*** Begin section ***

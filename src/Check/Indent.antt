-- ===== src/Check/Indent.antt =====
-- The check of the indentation of an `info.yml`, and its repair.
pub mod Repair
use sigmacatch.Lines.{
  Line, indent_of, is_empty_line, is_item, is_remark, spaces_before, strip_dashes, trim_left,
  trim_line,
}
use sigmacatch.Regression.TestsPath.{lines, join, texts_equal}
use sigmacatch.Prelude.{
  Bool, List, Option, [], false, if◌then◌else◌, map, none, not, some, true, ℕ, ◌&&◌, ◌++◌, ◌==◌,
  ◌||◌, ◌∷◌,
}

-- A key, and whether its line is an item of a list.
abbrev pub Template : Type 0
Template = Line × Bool

-- `body.split(':').next()`
abbrev pub before_colon : Line → Line
before_colon [] = []
before_colon (c ∷ l) = if c == 58 then [] else c ∷ before_colon l

-- The body of a line behind its blanks.
abbrev pub body_of : Line → Line
body_of t = if is_item t then trim_left (strip_dashes t) else t

abbrev pub keyed : Line → Bool → Option Template
keyed key item = if is_empty_line key then none else some (key, item)

-- `yaml_template`, of the line behind its blanks.
unfoldable pub template_of : Line → Option Template
unfolding trim_line trim_left strip_dashes
template_of t =
    if is_remark t then none else keyed (trim_line (before_colon (body_of t))) (is_item t)

unfoldable pub yaml_template : Line → Option Template
unfolding template_of trim_left
yaml_template line = template_of (trim_left line)

abbrev pub with_indent : ℕ → Option Template → List (Template × ℕ) → List (Template × ℕ)
with_indent n none rest = rest
with_indent n (some t) rest = (t, n) ∷ rest

unfoldable pub significant : List Line → List (Template × ℕ)
unfolding yaml_template indent_of
significant [] = []
significant (l ∷ ls) = with_indent (indent_of l) (yaml_template l) (significant ls)

unfoldable pub yaml_lines : Line → List (Template × ℕ)
unfolding significant lines
yaml_lines content = significant (lines content)

abbrev pub bool_equal : Bool → Bool → Bool
bool_equal true b = b
bool_equal false b = not b

abbrev pub same_template : Template → Template → Bool
same_template (k, i) (l, j) = texts_equal k l && bool_equal i j

abbrev pub find_template : Template → List (Template × ℕ) → Option ℕ
find_template t [] = none
find_template t ((u, n) ∷ ls) = if same_template u t then some n else find_template t ls

unfoldable pub canonical_indent : Line → Template → Option ℕ
unfolding yaml_lines
canonical_indent canonical t = find_template t (yaml_lines canonical)

-- What `validate_yaml_indentation` finds: a file that does not parse (or has no canonical text), or
-- first a line of another indentation, or of a key that is not expected.
pub data Misfit : Type 0 where
  cannot_parse : Misfit
  indentation unexpected : Template → Misfit

abbrev pub misfit : Template → ℕ → Option ℕ → Option Misfit → Option Misfit
misfit t n none later = some (unexpected t)
misfit t n (some m) later = if m == n then later else some (indentation t)

-- The loop of `validate_yaml_indentation`.
unfoldable pub first_misfit : Line → List (Template × ℕ) → Option Misfit
unfolding canonical_indent
first_misfit canonical [] = none
first_misfit canonical ((t, n) ∷ ls) =
    misfit t n (canonical_indent canonical t) (first_misfit canonical ls)

-- `'\u{feff}'`
abbrev pub without_bom : Line → Line
without_bom [] = []
without_bom (c ∷ l) = if c == 65279 then l else c ∷ l

abbrev pub against_canonical : Line → Option Line → Option Misfit
against_canonical raw none = some cannot_parse
against_canonical raw (some canonical) = first_misfit canonical (yaml_lines (without_bom raw))

-- `validate_yaml_indentation`, of the text of the file. `canonical_of` stands for `InfoYml::load` and
-- `canonical_yaml` of a file with that text; the mark is stripped for the lines only.
unfoldable pub validate_yaml_indentation :
    (canonical_of : Line → Option Line) → (raw : Line) → Option Misfit
unfolding first_misfit yaml_lines
validate_yaml_indentation canonical_of raw = against_canonical raw (canonical_of raw)

abbrev pub differs : ℕ → Option ℕ → Bool
differs n none = true
differs n (some m) = not (m == n)

unfoldable pub any_differs : List (Template × ℕ) → List (Template × ℕ) → Bool
any_differs canonical [] = false
any_differs canonical ((t, n) ∷ ls) =
    differs n (find_template t canonical) || any_differs canonical ls

unfoldable pub needs_reindent : (raw canonical : Line) → Bool
unfolding any_differs yaml_lines
needs_reindent raw canonical = any_differs (yaml_lines canonical) (yaml_lines raw)

abbrev pub or_zero : Option ℕ → ℕ
or_zero none = 0
or_zero (some n) = n

-- A line of `reindent_yaml`, by its template; `t` is the line behind its blanks.
abbrev pub reindented : List (Template × ℕ) → Line → Line → Option Template → Line
reindented canonical line t none = line
reindented canonical line t (some (key, item)) =
    let n = or_zero (find_template (key, item) canonical) in
    spaces_before n (if item then 45 ∷ 32 ∷ trim_left (strip_dashes t) else t)

unfoldable pub reindent_line : List (Template × ℕ) → Line → Line
unfolding spaces_before trim_left strip_dashes yaml_template
reindent_line canonical line = reindented canonical line (trim_left line) (yaml_template line)

unfoldable pub reindent_yaml : (raw canonical : Line) → Line
unfolding reindent_line yaml_lines lines
reindent_yaml raw canonical = join (map (reindent_line (yaml_lines canonical)) (lines raw))

-- `trim_end_matches('\n')`
abbrev pub unless_newline : ℕ → Line → Line
unless_newline c [] = if c == 10 then [] else c ∷ []
unless_newline c (d ∷ l) = c ∷ d ∷ l

unfoldable pub trim_newlines : Line → Line
trim_newlines [] = []
trim_newlines (c ∷ l) = unless_newline c (trim_newlines l)

abbrev pub fix_against : Line → Option Line → Option Line
fix_against original none = none
fix_against original (some canonical) =
    if needs_reindent (trim_newlines original) canonical
    then some (reindent_yaml original canonical ++ 10 ∷ [])
    else none

-- The repair of an `info.yml` in `fix_json_newlines`: what is written, if anything.
unfoldable pub fix_indentation :
    (canonical_of : Line → Option Line) → (original : Line) → Option Line
unfolding needs_reindent reindent_yaml trim_newlines
fix_indentation canonical_of original = fix_against original (canonical_of original)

*** End section ***

# [Task item]
Extract from the records above the lines from the one containing "-- first a line" to the one containing "without_bom (c ∷", both lines included, exactly as they appear and with nothing else.

# [Solution to the exercise]
-- first a line of another indentation, or of a key that is not expected.
pub data Misfit : Type 0 where
  cannot_parse : Misfit
  indentation unexpected : Template → Misfit

abbrev pub misfit : Template → ℕ → Option ℕ → Option Misfit → Option Misfit
misfit t n none later = some (unexpected t)
misfit t n (some m) later = if m == n then later else some (indentation t)

-- The loop of `validate_yaml_indentation`.
unfoldable pub first_misfit : Line → List (Template × ℕ) → Option Misfit
unfolding canonical_indent
first_misfit canonical [] = none
first_misfit canonical ((t, n) ∷ ls) =
    misfit t n (canonical_indent canonical t) (first_misfit canonical ls)

-- `'\u{feff}'`
abbrev pub without_bom : Line → Line
without_bom [] = []
without_bom (c ∷ l) = if c == 65279 then l else c ∷ l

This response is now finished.